Birds and wildlife are one of the more difficult objects to photograph in my opinion.  You can seldom pick your background or time of day or anything else.  You can seldom get close enough to them, or at least as close as you'd like to.  Plus they won't listen if you tell them to be still, in fact that's the easiest way to make them disappear.

Study exposure, especially the Exposure Triangle.  Understanding that is absolutely critical.  Study composition.  A poor composition can ruin an otherwise good photograph.  Most of all enjoy yourself.  It is a great way to spend a day.


----------



## charlygarcia808 (Aug 19, 2012)

thanks! I will start my research by reading up on those things.


----------



## Overread (Aug 19, 2012)

Generally speaking wildlife demands a good fast shutter speed, think 1/400sec or faster for getting a clear short of an animal (even if its not running/flying regular motions will need a fast shutter speed for a clear shot). Furthermore with a 300mm lens you'll need at least 1/300sec for a handheld sharp shot (rough rule of thumb for handholding is 1/focal length for getting a sharp shot - of course good posture when shooting is important and the value will vary a little from person to person).

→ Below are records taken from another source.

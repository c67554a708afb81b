-- ===== src/Tickets.antt =====
-- The pool of live tickets, the choice of the voters and the price of a ticket
-- (rusty-core/src/consensus/pos.rs).
pub mod Pool
pub mod Selection
pub mod Proofs
mod Tests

In addition you'll need some film for your camera; honestly considering the lens and the fact that you're shooting wildlife I would say look for ISO/ASA 800 film. A bit more grainy than lower ISO values, but it gives you the extra sensitivity you might find you need for those fast shutter speeds. Note you might get away with ISO/ASA 400 film and then "pushing it" to 800 (ps I've no idea how this is done in practice, but books on film photography are abundant and any library should have stock or able to get stock of books that can guide you through the process).


----------



## scorpion_tyr (Aug 19, 2012)

If the mode selector knob is broken in a way that you can't change the mode I would get a new camera. Here's the good news. You at least have a decent starter lens for wildlife photography and I've seen people pay more for that lens than you did for the lens and camera. Look into a used Canon EOS rebel XTi or similar. Very decent cameras, but you can find them cheap as dirt now because there have been so many other cameras come out to replace it. I see them going anywhere from $150-300. Worth every cent of $300 as long as it's in good working order, find one for $150 and you've really got a deal. The money you'll save on film will pay for the camera within a few months if you shoot a lot.

If you stick with the 35mm I also suggest what Overread said. 800 speed film would be the lowest I would go with that lens, maybe pick up a roll of 1600 if you can find it to try it out. A fast shutter speed is key with wildlife photography since you're usually at a very high focal length (300mm for example), and because some of the key times for getting shots of wildlife are right after sunrise and right before sunset. This is when a lot of animals are most active, and it's when the natural lighting is best, called the "golden hours". Nothing wrong with shooting in the harsh sunlight of mid-day, especially if you need that extra light, but good luck finding any really cool animals at that time.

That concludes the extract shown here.